Series: Part 6 of 6 (Series Finale) — MAS 9 Work Order Operations: The Missing Pieces | Read time: 22 minutes
The Integration Surface Moved — For Work Orders Specifically
Here is the message that lands in your inbox after an upgrade: "The integration team says the old work order endpoint changed — did it?"
Short answer: the recommended front door for work order integration moved. The work order object didn't change — WORKORDER and its MXWODETAIL object structure are the same records you've always integrated. What changed is how IBM wants you to reach them, and which access patterns are now on the deprecation list.
This is the series finale, and it's deliberately narrow. We are only covering work-order-scoped integration here — the endpoint you hit for a WO, the events a WO publishes, and where MIF fits for WO data specifically. The full integration framework — API key management, the broader OSLC surface, MIF architecture, event-driven patterns across every object — is its own subject, and we cover it properly in the MAS INTEGRATION series (start with API-First Architecture and Event-Driven Transformation). If you want the platform-wide picture, go there. This post is the work order slice.

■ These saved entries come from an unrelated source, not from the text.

-- ===== src/Stream/Decoder/States.antt =====
-- What holds of the codec's state through the life of a decoder handle (src/zu_stream.c).
use zukomp.Base.{ℕ, ◌≡◌, ap, sym, ◌∙◌, subst, Bool, Option, some}
use zukomp.Types.{Status, ok, Vtable, Process, DecoderOpts}
use zukomp.Registry.{Registry, registry_lookup}
use zukomp.Stream.Check.{call, copy_decoder_opts}
use zukomp.Stream.Decoder.{Decoder, decoder_new}
use zukomp.Stream.Decoder.Handle.{Begun, decoder_new-Begun}
use zukomp.Stream.Decoder.Session.{Session, KeepsState, state_kept}

module _ {S : Type 0} (p : Process S) (Fine : Option S → Type 0) where
  -- A vtable whose process is `p`, and whose constructor makes fine states.
  pub record Decodes (v : Vtable S) : Type 0 where
    pub process : call v.decoder_process ≡ p
    pub makes :
        (f : DecoderOpts → Status × Option S) (o : DecoderOpts)
        → v.decoder_new ≡ some f
        → Fine (f o).1

  -- From a handle that `zu_decoder_new` made, calls lead to handles of the same process, in fine states.
  pub handle-Fine :
      KeepsState p Fine
      → (r : Registry S) (o : DecoderOpts) (mem : Bool) (d : Decoder S) {f : Decoder S} {n : ℕ}
      → ((v : Vtable S) → registry_lookup r o.codec ≡ some v → Decodes v)
      → decoder_new r o mem ≡ (ok, some d)
      → Session d f n
      → (call f.vtable.decoder_process ≡ p) × Fine f.state
  handle-Fine keeps r o mem d known made session =
      let (found, (g, there, state)) = subst (Begun r o) made (decoder_new-Begun r o mem) in
      let k = known d.vtable found in
      let (same, fine) =
        state_kept Fine d (subst (λ (q : Process S). KeepsState q Fine) (sym k.process) keeps)
          (subst Fine (sym state) (k.makes g (copy_decoder_opts o) there)) session in
      (ap (λ (w : Vtable S). call w.decoder_process) same ∙ k.process, fine)
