-- ===== src/Codec/Deflate/Session.antt =====
-- src/codec_deflate.c behind a decoder handle: over the whole stream, its loop comes back.
use zukomp.Base.{ℕ, ◌≡◌, Bool, Option, none, some}
use zukomp.Buffer.{Buffer, Advances}
use zukomp.Types.{Status, Process}
use zukomp.Stream.Decoder.{Decoder}
use zukomp.Stream.Decoder.Session.{Session}
use zukomp.Codec.Miniz.{Engine, Bounded}
use zukomp.Codec.Deflate.{Deflate}
use zukomp.Codec.Deflate.Sound.{Sound}
use zukomp.Codec.Deflate.Process.{run}

module _ {M : Type 0} (e : Engine M) (mem : Bool) (law : Bounded e) where
  -- A state, where there is one, is sound.
  abbrev Fine : Option (Deflate M) → Type 0
  Fine none = Unit
  Fine (some s) = Sound s

  -- What one call does to a state: the loop comes back, and the call answers what the loop left.
  abbrev pub Comes : Deflate M → Buffer → ℕ → Status × Option (Deflate M) × Buffer → Type 0
  Comes s b flush answer =
      (r : Status × Deflate M × Buffer) × (run e s b flush ≡ some r)
      × Sound r.1
      × Advances b r.2
      × (answer ≡ (r.0, some r.1, r.2))
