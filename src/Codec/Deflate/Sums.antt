-- ===== src/Codec/Deflate/Sums.antt =====
-- src/codec_deflate.c: what an encoder sums up for its trailer.
pub mod Encoder
use mathlib.Core.List.{append-nil}
use zukomp.Base.{
  ℕ, zero, suc, ◌+◌, ◌-◌, ◌*◌, ◌%◌, ◌≤◌, ◌<◌, ◌≡◌, refl, sym, ap, ◌∙◌, Bool, true, false, not, ◌&&◌,
  ◌||◌, ◌==◌, Option, none, some, List, [], ◌∷◌, ◌++◌, take, drop, ltb, leb, word, add_word,
  if◌then◌else◌, if_elim, if_split, Outcome, again, leave, loop_keeps, Keeps, arith, take-add,
  drop-drop,
}
use zukomp.Buffer.{Buffer, bytes, IsValid, Advances, avail_in, avail_out, peek, consume, emit}
use zukomp.Types.{Status, zu_finish}
use zukomp.Codec.Miniz.{
  Code, mz_ok, mz_stream_end, mz_buf_error, mz_data_error, mz_mem_error, mz_param_error,
  mz_stream_error, mz_need_dict, mz_other, Engine, Turn, Bounded,
}
use zukomp.Codec.Deflate.{
  Deflate, Wrap, raw, zlib, gzip, Stage, header, body, trailer, member_end, done,
}
use zukomp.Codec.Deflate.Life.{checksum_update}
use zukomp.Codec.Deflate.{Round, is_raw}
use zukomp.Codec.Deflate.Process.{
  write_out, in_header, turn, plain, counted, moved, ended, carry_on, after_turn, in_body, no_more,
  at_member_end, concat, write_tail, read_tail, at_stage, iteration, run,
}

-- The checksums of miniz go on where they stopped, over bytes that are there: over NULL, which stands as the
-- empty list, they answer their initial values instead.
pub record Continues {M : Type 0} (e : Engine M) : Type 0 where
  pub crc32 :
      (c x : ℕ) (xs : List ℕ) (y : ℕ) (ys : List ℕ)
      → e.crc32 (e.crc32 c (x ∷ xs)) (y ∷ ys) ≡ e.crc32 c ((x ∷ xs) ++ (y ∷ ys))
  pub adler32 :
      (c x : ℕ) (xs : List ℕ) (y : ℕ) (ys : List ℕ)
      → e.adler32 (e.adler32 c (x ∷ xs)) (y ∷ ys) ≡ e.adler32 c ((x ∷ xs) ++ (y ∷ ys))

-- The bytes of `b` before a later cursor.
abbrev pub taken : Buffer → ℕ → List ℕ
taken b pos = take (pos - b.src_pos) (drop b.src_pos (bytes b.src))

-- From `s` and `b` an encoder has summed up exactly the input that it took.
pub record Sums {M : Type 0} (e : Engine M) (s : Deflate M) (b : Buffer) (encoder : Bool)
    (wrap : Wrap) (checksum uncompressed pos : ℕ) : Type 0 where
  pub encoder_is : encoder ≡ s.encoder
  pub wrap_is : wrap ≡ s.wrap
  pub checksum_is : checksum ≡ checksum_update e s.wrap s.checksum (taken b pos)
  pub uncompressed_is : uncompressed % word ≡ (s.uncompressed + (pos - b.src_pos)) % word

abbrev pub Summed : {M : Type 0} → Engine M → Deflate M → Buffer → Deflate M → Buffer → Type 0
Summed e s b s' b' = Sums e s b s'.encoder s'.wrap s'.checksum s'.uncompressed b'.src_pos

module _ {M : Type 0} (e : Engine M) (sums : Continues e) where
  update-append :
      (w : Wrap) (c : ℕ) (xs ys : List ℕ)
      → checksum_update e w (checksum_update e w c xs) ys ≡ checksum_update e w c (xs ++ ys)
  unfolding checksum_update
  update-append w c [] ys = refl
  update-append w c (x ∷ xs) [] = ap (checksum_update e w c) (sym (append-nil (x ∷ xs)))
  update-append gzip c (x ∷ xs) (y ∷ ys) = sums.crc32 c x xs y ys
  update-append zlib c (x ∷ xs) (y ∷ ys) = sums.adler32 c x xs y ys
  update-append raw c (x ∷ xs) (y ∷ ys) = sums.adler32 c x xs y ys

  taken_on :
      (b c : Buffer) (pos : ℕ)
      → c.src ≡ b.src
      → b.src_pos ≤ c.src_pos
      → c.src_pos ≤ pos
      → taken b c.src_pos ++ taken c pos ≡ taken b pos
  taken_on b c pos src le on =
      let xs = drop b.src_pos (bytes b.src) in
      let step : taken c pos ≡ take (pos - c.src_pos) (drop (c.src_pos - b.src_pos) xs) =
        ap (λ (o : Option (List ℕ)). take (pos - c.src_pos) (drop c.src_pos (bytes o))) src
        ∙ ap (take (pos - c.src_pos)) (
            sym (
              drop-drop b.src_pos (c.src_pos - b.src_pos) c.src_pos (bytes b.src) (omega arith))) in
      ap (λ (ys : List ℕ). taken b c.src_pos ++ ys) step
      ∙ take-add (c.src_pos - b.src_pos) (pos - c.src_pos) (pos - b.src_pos) xs (omega arith)

  pub Summed-trans :
      (s t u : Deflate M) (b c d : Buffer)
      → Advances b c
      → c.src_pos ≤ d.src_pos
      → Summed e s b t c
      → Summed e t c u d
      → Summed e s b u d
  Summed-trans s t u b c d adv on p q = record {
    encoder_is = q.encoder_is ∙ p.encoder_is;
    wrap_is = q.wrap_is ∙ p.wrap_is;
    checksum_is =
        q.checksum_is
        ∙ ap (λ (w : Wrap). checksum_update e w t.checksum (taken c d.src_pos)) p.wrap_is
        ∙ ap (λ (v : ℕ). checksum_update e s.wrap v (taken c d.src_pos)) p.checksum_is
        ∙ update-append s.wrap s.checksum (taken b c.src_pos) (taken c d.src_pos)
        ∙ ap (checksum_update e s.wrap s.checksum) (taken_on b c d.src_pos adv.src adv.src_le on);
    uncompressed_is = omega (arith, p.uncompressed_is, q.uncompressed_is, adv.src_le);
  }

Three things to know, in order of how often you'll use them:
- The JSON API at
/api/os/mxwodetailis the recommended path for all new WO integrations. - Kafka events publish WO changes for near-real-time, subscribe-don't-poll integrations.
- MIF still works for your existing WO integrations — but it's no longer where the investment goes.
📊 Old World vs. MAS 9
Work order integration pattern — Legacy Maximo — MAS 9
Preferred API — /maxrest/rest MBO endpoints — `/api/os/mxwodetail` JSON API (lean=1)
OSLC — /oslc/os/mxwodetail — Still works, but JSON API preferred
Near-real-time events — JMS / polling — Kafka WO topics (Strimzi on OpenShift)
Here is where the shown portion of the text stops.